Exercise data:
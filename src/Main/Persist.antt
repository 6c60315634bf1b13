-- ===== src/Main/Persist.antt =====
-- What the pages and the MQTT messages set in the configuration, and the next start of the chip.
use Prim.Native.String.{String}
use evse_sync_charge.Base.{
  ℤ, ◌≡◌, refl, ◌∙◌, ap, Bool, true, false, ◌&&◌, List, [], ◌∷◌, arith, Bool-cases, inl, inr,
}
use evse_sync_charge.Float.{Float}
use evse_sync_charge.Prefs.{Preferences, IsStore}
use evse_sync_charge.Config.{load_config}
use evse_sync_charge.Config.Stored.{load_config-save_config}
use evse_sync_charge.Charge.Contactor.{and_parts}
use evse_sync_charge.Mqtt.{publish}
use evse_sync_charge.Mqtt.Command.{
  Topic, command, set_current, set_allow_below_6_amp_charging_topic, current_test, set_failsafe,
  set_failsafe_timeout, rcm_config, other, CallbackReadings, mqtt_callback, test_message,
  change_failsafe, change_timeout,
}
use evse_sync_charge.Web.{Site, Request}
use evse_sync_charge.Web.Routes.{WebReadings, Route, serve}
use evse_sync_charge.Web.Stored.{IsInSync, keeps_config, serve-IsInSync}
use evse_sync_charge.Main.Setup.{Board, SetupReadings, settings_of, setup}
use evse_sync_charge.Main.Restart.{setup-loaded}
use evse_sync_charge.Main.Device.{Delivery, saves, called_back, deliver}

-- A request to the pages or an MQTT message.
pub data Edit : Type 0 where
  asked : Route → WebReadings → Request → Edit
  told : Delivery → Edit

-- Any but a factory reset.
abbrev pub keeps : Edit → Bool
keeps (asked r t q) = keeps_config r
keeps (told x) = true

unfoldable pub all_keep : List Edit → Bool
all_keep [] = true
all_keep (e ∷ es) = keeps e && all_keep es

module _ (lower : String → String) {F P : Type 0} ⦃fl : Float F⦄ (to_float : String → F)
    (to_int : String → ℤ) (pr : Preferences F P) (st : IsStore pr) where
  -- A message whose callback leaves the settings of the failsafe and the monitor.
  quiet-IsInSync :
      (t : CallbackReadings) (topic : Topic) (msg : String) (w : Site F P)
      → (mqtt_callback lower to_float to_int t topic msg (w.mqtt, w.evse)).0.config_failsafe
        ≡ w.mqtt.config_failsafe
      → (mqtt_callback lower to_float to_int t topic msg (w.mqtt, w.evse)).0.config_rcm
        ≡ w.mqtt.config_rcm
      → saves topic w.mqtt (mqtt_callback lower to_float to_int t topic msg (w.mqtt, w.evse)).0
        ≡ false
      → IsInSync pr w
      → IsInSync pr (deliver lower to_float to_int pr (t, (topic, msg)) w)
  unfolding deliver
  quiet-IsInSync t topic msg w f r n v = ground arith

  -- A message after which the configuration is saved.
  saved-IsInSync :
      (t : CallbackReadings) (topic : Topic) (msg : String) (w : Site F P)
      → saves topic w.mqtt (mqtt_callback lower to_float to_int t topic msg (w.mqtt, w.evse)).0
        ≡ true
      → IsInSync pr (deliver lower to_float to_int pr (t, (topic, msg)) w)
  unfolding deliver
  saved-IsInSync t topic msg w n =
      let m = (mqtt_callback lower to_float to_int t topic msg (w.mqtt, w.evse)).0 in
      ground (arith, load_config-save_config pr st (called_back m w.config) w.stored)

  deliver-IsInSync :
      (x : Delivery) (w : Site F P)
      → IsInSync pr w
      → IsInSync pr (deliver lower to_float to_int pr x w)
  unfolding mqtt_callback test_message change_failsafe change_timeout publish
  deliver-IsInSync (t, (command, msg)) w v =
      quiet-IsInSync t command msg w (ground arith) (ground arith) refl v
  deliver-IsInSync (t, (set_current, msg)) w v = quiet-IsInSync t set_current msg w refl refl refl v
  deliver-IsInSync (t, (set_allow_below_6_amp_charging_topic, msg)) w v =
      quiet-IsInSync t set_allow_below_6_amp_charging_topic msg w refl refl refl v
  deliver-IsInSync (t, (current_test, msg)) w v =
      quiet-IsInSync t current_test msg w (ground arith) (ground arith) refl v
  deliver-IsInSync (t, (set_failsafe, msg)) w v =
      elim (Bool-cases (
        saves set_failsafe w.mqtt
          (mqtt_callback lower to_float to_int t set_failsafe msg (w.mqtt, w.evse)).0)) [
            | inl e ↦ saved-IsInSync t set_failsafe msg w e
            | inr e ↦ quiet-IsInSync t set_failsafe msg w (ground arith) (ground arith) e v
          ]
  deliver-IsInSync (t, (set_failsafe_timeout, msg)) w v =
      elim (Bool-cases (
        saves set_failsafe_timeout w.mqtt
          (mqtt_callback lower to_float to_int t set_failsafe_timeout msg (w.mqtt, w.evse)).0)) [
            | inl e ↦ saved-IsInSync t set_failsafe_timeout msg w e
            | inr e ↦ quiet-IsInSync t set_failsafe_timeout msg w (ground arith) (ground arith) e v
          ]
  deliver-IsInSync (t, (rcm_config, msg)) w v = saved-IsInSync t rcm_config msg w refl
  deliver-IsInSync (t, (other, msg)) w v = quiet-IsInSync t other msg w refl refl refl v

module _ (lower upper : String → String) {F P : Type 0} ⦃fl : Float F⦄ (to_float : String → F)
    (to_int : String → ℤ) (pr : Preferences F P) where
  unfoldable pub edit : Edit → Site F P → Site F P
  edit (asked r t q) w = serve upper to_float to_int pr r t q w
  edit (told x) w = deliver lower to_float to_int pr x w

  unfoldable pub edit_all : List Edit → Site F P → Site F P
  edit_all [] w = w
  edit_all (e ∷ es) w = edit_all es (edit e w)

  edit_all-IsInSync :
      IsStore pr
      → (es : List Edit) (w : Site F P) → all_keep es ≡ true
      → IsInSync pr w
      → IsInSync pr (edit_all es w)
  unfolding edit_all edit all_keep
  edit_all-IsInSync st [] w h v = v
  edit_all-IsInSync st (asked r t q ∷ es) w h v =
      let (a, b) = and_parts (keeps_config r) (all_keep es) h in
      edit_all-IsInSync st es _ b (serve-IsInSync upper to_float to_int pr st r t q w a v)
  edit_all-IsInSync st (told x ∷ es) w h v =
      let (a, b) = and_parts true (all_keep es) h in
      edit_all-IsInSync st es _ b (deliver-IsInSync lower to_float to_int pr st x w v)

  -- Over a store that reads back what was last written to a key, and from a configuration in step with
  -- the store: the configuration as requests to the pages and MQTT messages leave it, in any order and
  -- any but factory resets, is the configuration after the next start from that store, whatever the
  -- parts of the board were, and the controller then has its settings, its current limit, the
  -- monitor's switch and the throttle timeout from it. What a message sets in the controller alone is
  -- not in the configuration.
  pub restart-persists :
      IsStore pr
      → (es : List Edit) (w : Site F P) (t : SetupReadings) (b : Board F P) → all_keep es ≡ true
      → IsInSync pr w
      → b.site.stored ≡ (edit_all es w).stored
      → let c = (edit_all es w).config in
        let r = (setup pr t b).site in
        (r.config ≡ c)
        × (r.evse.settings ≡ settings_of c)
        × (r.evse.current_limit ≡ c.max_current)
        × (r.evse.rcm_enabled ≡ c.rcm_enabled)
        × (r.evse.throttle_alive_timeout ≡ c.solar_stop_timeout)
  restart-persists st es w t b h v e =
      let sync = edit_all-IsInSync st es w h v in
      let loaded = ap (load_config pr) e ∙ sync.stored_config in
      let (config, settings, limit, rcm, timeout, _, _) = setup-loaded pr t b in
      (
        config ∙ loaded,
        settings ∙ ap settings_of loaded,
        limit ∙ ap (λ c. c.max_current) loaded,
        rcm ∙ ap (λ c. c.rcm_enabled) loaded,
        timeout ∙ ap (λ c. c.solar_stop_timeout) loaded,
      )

Task objective: Taking every line of the records in turn, count the ones holding "Route", and state nothing but the number.

Exercise answer: 2